Benjamin’e göre, faşizmin oluşumu da, topluma kendini kabul ettirebilmesi de, modern toplumların kültür yaşamının kendi işleyişinden ve işlevlerinden yararlanarak olmaktadır.

Kitabın diğer zenginliği de Ünsal Oskay hocamızın kapsamlı giriş yazısı barındırması.

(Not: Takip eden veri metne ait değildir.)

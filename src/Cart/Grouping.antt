-- ===== src/Cart/Grouping.antt =====
-- The grouping of the products of provena-web/src/app/catalogue/_client.tsx by supplier.
use mathlib.Core.List.{Perm, perm_middle}
use mathlib.Core.List.Perm
use provena.Base.{
  String, List, [], ◌∷◌, ◌++◌, ◌≡◌, ◌≢◌, refl, sym, subst, arith, ◌==◌, string_eq, eq_iff, All,
  if_cases, append_assoc, append-nil, All-append, keep, ap, ◌∙◌, if◌then◌else◌,
}
use provena.Cart.{Group, add_to_group, group_from, group_by_supplier}

module _ {ℓ} {Product : Type ℓ} (slug name : Product → String) where
  abbrev pub all_products : List (Group Product) → List Product
  all_products [] = []
  all_products (g ∷ groups) = g.products ++ all_products groups

  -- The products of a group are its supplier's, and no other group has the same supplier.
  abbrev pub Separate : List (Group Product) → Type 0
  Separate [] = Unit
  Separate (g ∷ groups) =
      All (λ p. slug p ≡ g.supplier_slug) g.products
      × All (λ (h : Group Product). h.supplier_slug ≢ g.supplier_slug) groups
      × Separate groups

  add_last :
      (ps : List Product) (p : Product) (qs : List Product)
      → Perm ((ps ++ p ∷ []) ++ qs) (p ∷ (ps ++ qs))
  add_last ps p qs =
      subst (λ l. Perm l (p ∷ (ps ++ qs))) (sym (append_assoc ps (p ∷ []) qs)) (perm_middle ps qs)

  add_to_group-perm :
      (p : Product) (groups : List (Group Product))
      → Perm (all_products (add_to_group slug name p groups)) (p ∷ all_products groups)
  unfolding add_to_group
  add_to_group-perm p [] = Perm.refl _
  add_to_group-perm p (g ∷ groups) =
      if_cases (λ gs. Perm (all_products gs) (p ∷ all_products (g ∷ groups)))
        (g.supplier_slug == slug p) (λ _. add_last g.products p (all_products groups))
        (λ _.
          Perm.trans (Perm.append_left g.products (add_to_group-perm p groups))
            (perm_middle g.products (all_products groups)))

  add_to_group-other :
      (key : String) (p : Product) (groups : List (Group Product))
      → slug p ≢ key
      → All (λ (h : Group Product). h.supplier_slug ≢ key) groups
      → All (λ (h : Group Product). h.supplier_slug ≢ key) (add_to_group slug name p groups)
  unfolding add_to_group
  add_to_group-other key p [] ne h = (ne, tt)
  add_to_group-other key p (g ∷ groups) ne (a, h) =
      if_cases (All (λ (h : Group Product). h.supplier_slug ≢ key)) (g.supplier_slug == slug p)
        (λ _. (a, h)) (λ _. (a, add_to_group-other key p groups ne h))

  add_to_group-Separate :
      (p : Product) (groups : List (Group Product))
      → Separate groups
      → Separate (add_to_group slug name p groups)
  unfolding add_to_group
  add_to_group-Separate p [] h = ((refl, tt), tt, tt)
  add_to_group-Separate p (g ∷ groups) (own, others, h) =
      if_cases Separate (g.supplier_slug == slug p)
        (λ same. (
          All-append (λ p. slug p ≡ g.supplier_slug) g.products (p ∷ []) own
              (sym ((eq_iff _ _).0 same), tt),
          others,
          h,
        ))
        (λ other. (
          own,
          add_to_group-other g.supplier_slug p groups
              (ground (arith, eq_iff g.supplier_slug (slug p))) others,
          add_to_group-Separate p groups h,
        ))

  group_from-perm :
      (groups : List (Group Product)) (ps : List Product)
      → Perm (all_products (group_from slug name groups ps)) (all_products groups ++ ps)
  unfolding group_from
  group_from-perm groups [] =
      subst (Perm (all_products groups)) (sym (append-nil (all_products groups))) (Perm.refl _)
  group_from-perm groups (p ∷ ps) =
      Perm.trans (group_from-perm (add_to_group slug name p groups) ps) (
        Perm.trans (Perm.append_right ps (add_to_group-perm p groups))
          (Perm.symm (perm_middle (all_products groups) ps)))

  group_from-Separate :
      (groups : List (Group Product)) (ps : List Product)
      → Separate groups
      → Separate (group_from slug name groups ps)
  unfolding group_from
  group_from-Separate groups [] h = h
  group_from-Separate groups (p ∷ ps) h =
      group_from-Separate (add_to_group slug name p groups) ps (add_to_group-Separate p groups h)

  -- Every product of the page stands in exactly as many groups as it stands in the page: the
  -- groups' products are a permutation of the page's. A group holds its own supplier's products
  -- only, and no two groups have the same supplier.
  pub group_by_supplier_perm :
      (products : List Product)
      → Perm (all_products (group_by_supplier slug name products)) products
        × Separate (group_by_supplier slug name products)
  unfolding group_by_supplier group_from add_to_group
  group_by_supplier_perm products =
      (group_from-perm [] products, group_from-Separate [] products tt)

  -- The products that stand under a supplier, and those of a page that are its own.
  pub group_of : String → List (Group Product) → List Product
  group_of key [] = []
  group_of key (g ∷ groups) = if g.supplier_slug == key then g.products else group_of key groups

  abbrev pub own_products : String → List Product → List Product
  own_products key products = keep (λ p. slug p == key) products

  group_of-add :
      (key : String) (p : Product) (groups : List (Group Product))
      → group_of key (add_to_group slug name p groups)
        ≡ group_of key groups ++ own_products key (p ∷ [])
  unfolding group_of add_to_group
  group_of-add key p [] = refl
  group_of-add key p (g ∷ groups) = ground (
    arith,
    group_of-add key p groups,
    append-nil g.products,
    append-nil (group_of key groups),
    eq_iff g.supplier_slug (slug p),
    eq_iff g.supplier_slug key,
    eq_iff (slug p) key,
  )

  own_products-cons :
      (key : String) (p : Product) (ps : List Product)
      → own_products key (p ∷ []) ++ own_products key ps ≡ own_products key (p ∷ ps)
  own_products-cons key p ps =
      if_cases (λ l. l ++ own_products key ps ≡ own_products key (p ∷ ps)) (slug p == key)
        (λ own. rw own refl) (λ other. rw other refl)

  group_of-from :
      (key : String) (groups : List (Group Product)) (ps : List Product)
      → group_of key (group_from slug name groups ps) ≡ group_of key groups ++ own_products key ps
  unfolding group_from
  group_of-from key groups [] = sym (append-nil (group_of key groups))
  group_of-from key groups (p ∷ ps) =
      group_of-from key (add_to_group slug name p groups) ps
      ∙ ap (λ l. l ++ own_products key ps) (group_of-add key p groups)
      ∙ append_assoc (group_of key groups) (own_products key (p ∷ [])) (own_products key ps)
      ∙ ap (λ l. group_of key groups ++ l) (own_products-cons key p ps)

  -- What the one pass over the page collects under a supplier is what filtering the page for that
  -- supplier gives, in the page's order.
  pub group_of-group_by_supplier :
      (key : String) (products : List Product)
      → group_of key (group_by_supplier slug name products) ≡ own_products key products
  unfolding group_by_supplier group_of group_from add_to_group
  group_of-group_by_supplier key products = group_of-from key [] products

  • Künye: Walter Benjamin – Estetize Edilmiş Yaşam, derleyen ve çeviren: Ünsal Oskay, İnkılap Kitabevi, siyaset, 176 sayfa, 2015

Kolektif – Estetik ve Politika (2006)

  • ESTETİK VE POLİTİKA, Kolektif, çeviren: Ünsal Oskay, Alkım Yayınları, felsefe, 455 sayfa

‘Estetik ve Politika’ isimli bu derleme, Moskova’da Almanca olarak yayımlanan ve sürgündeki anti-faşist yazarların organı olan Das Worth dergisinde 1938 yılında patlak veren dışavurumculuk tartışmasına ilişkin Bloch, Lukács, Brecht, Benjamin ve Adorno imzalı ünlü metinleri bir araya getiriyor ve sorunu tarihsel bir perspektiften görebilmeyi amaçlıyor. Kitapta, Fredric Jameson’un bu yazılar hakkında kaleme aldığı kapsamlı bir sunumun yanı sıra, Theodor Adorno’nun iki, Ernst Bloch, György Lukacs, Bertolt Brecht ve Walter Benjamin’in de birer yazısı bulunuyor. Kitapta ayrıca, Ahmet Oktay’ın, makalelerin odaklandığı konularla ilgili kaleme aldığı bir yazı da yer alıyor.